**GOAL OF THE EXERCISE**.
Search the records below for the word "next". Pull out each line that has it.
RECORDS SUPPLIED below:
-- ===== src/Budget/Expiry.antt =====
-- budget.py: the joins in deadline order expire exactly the tasks that miss their deadline.
use terminal_status_panel.Base.{
  ℕ, ◌≤◌, ◌≡◌, refl, ◌∙◌, Bool, true, false, not, ◌&&◌, List, [], ◌∷◌, arith, String, All,
  if◌then◌else◌,
}
use terminal_status_panel.Base.Sorting.{IsSorted}
use terminal_status_panel.Budget.{
  Ending, returns, raises, hangs, alive_at, join_until, Task, Limits, deadline_of, join_loop,
}

module _ {V : Type 0} where
  -- The task ends by its own deadline.
  abbrev pub on_time : Limits → Task V → Bool
  on_time l t = not (alive_at (deadline_of l t.name) t.ending)

  -- A join that starts before the deadline ends by it, and finds the thread alive exactly when
  -- the thread misses the deadline.
  join_until_lem :
      (now deadline : ℕ) (e : Ending V)
      → now ≤ deadline
      → (join_until now deadline e ≤ deadline)
        × (now ≤ join_until now deadline e)
        × (alive_at (join_until now deadline e) e ≡ alive_at deadline e)
  join_until_lem now deadline (returns at v) h = (omega arith, omega arith, ground arith)
  join_until_lem now deadline (raises at e) h = (omega arith, omega arith, ground arith)
  join_until_lem now deadline hangs h = (omega arith, omega arith, refl)

  abbrev pub late_names : Limits → List (Task V) → List String
  late_names l [] = []
  late_names l (t ∷ tasks) = if on_time l t then late_names l tasks else t.name ∷ late_names l tasks

  -- An ended thread stays ended.
  pub alive_at_later :
      (now later : ℕ) (e : Ending V)
      → now ≤ later
      → alive_at now e ≡ false
      → alive_at later e ≡ false
  alive_at_later now later (returns at v) h a = ground arith
  alive_at_later now later (raises at e) h a = ground arith
  alive_at_later now later hangs h a = cc

  All-deadline_trans :
      (l : Limits) (m n : ℕ) (tasks : List (Task V))
      → m ≤ n
      → All (λ (t : Task V). n ≤ deadline_of l t.name) tasks
      → All (λ (t : Task V). m ≤ deadline_of l t.name) tasks
  All-deadline_trans l m n [] h a = tt
  All-deadline_trans l m n (t ∷ tasks) h a = (omega arith, All-deadline_trans l m n tasks h a.1)

  -- Over a list in deadline order the loop expires those that miss their deadline, ends by any
  -- time that no deadline passes, and not before a task that is on time has ended.
  pub join_loop_lem :
      (l : Limits) (now last : ℕ) (tasks : List (Task V))
      → IsSorted (λ (t : Task V). deadline_of l t.name) tasks
      → All (λ (t : Task V). now ≤ deadline_of l t.name) tasks
      → All (λ (t : Task V). deadline_of l t.name ≤ last) tasks
      → now ≤ last
      → ((join_loop l now tasks).0 ≡ late_names l tasks)
        × ((join_loop l now tasks).1 ≤ last)
        × (now ≤ (join_loop l now tasks).1)
        × All
            (λ (t : Task V). on_time l t && alive_at (join_loop l now tasks).1 t.ending ≡ false)
            tasks
  unfolding join_loop
  join_loop_lem l now last [] s a b h = (refl, h, omega arith, tt)
  join_loop_lem l now last (t ∷ tasks) s a b h =
      let deadline = deadline_of l t.name in
      let next = join_until now deadline t.ending in
      let j = join_until_lem now deadline t.ending a.0 in
      let rest =
        join_loop_lem l next last tasks s.1 (All-deadline_trans l next deadline tasks j.0 s.0) b.1
          (omega arith) in
      (
        ground arith,
        rest.1,
        omega arith,
        (ended (alive_at deadline t.ending) refl j.2 rest.2, rest.3),
      )
    where
      ended :
          (alive : Bool)
          → alive_at (deadline_of l t.name) t.ending ≡ alive
          → alive_at (join_until now (deadline_of l t.name) t.ending) t.ending
            ≡ alive_at (deadline_of l t.name) t.ending
          → join_until now (deadline_of l t.name) t.ending ≤ (join_loop l now (t ∷ tasks)).1
          → on_time l t && alive_at (join_loop l now (t ∷ tasks)).1 t.ending ≡ false
      ended true e same le = rw e
      ended false e same le =
          rw (e, alive_at_later _ (join_loop l now (t ∷ tasks)).1 t.ending le (same ∙ e))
End of RECORDS SUPPLIED.
**RESPONSE TO THIS EXERCISE**.
      let next = join_until now deadline t.ending in
        join_loop_lem l next last tasks s.1 (All-deadline_trans l next deadline tasks j.0 s.0) b.1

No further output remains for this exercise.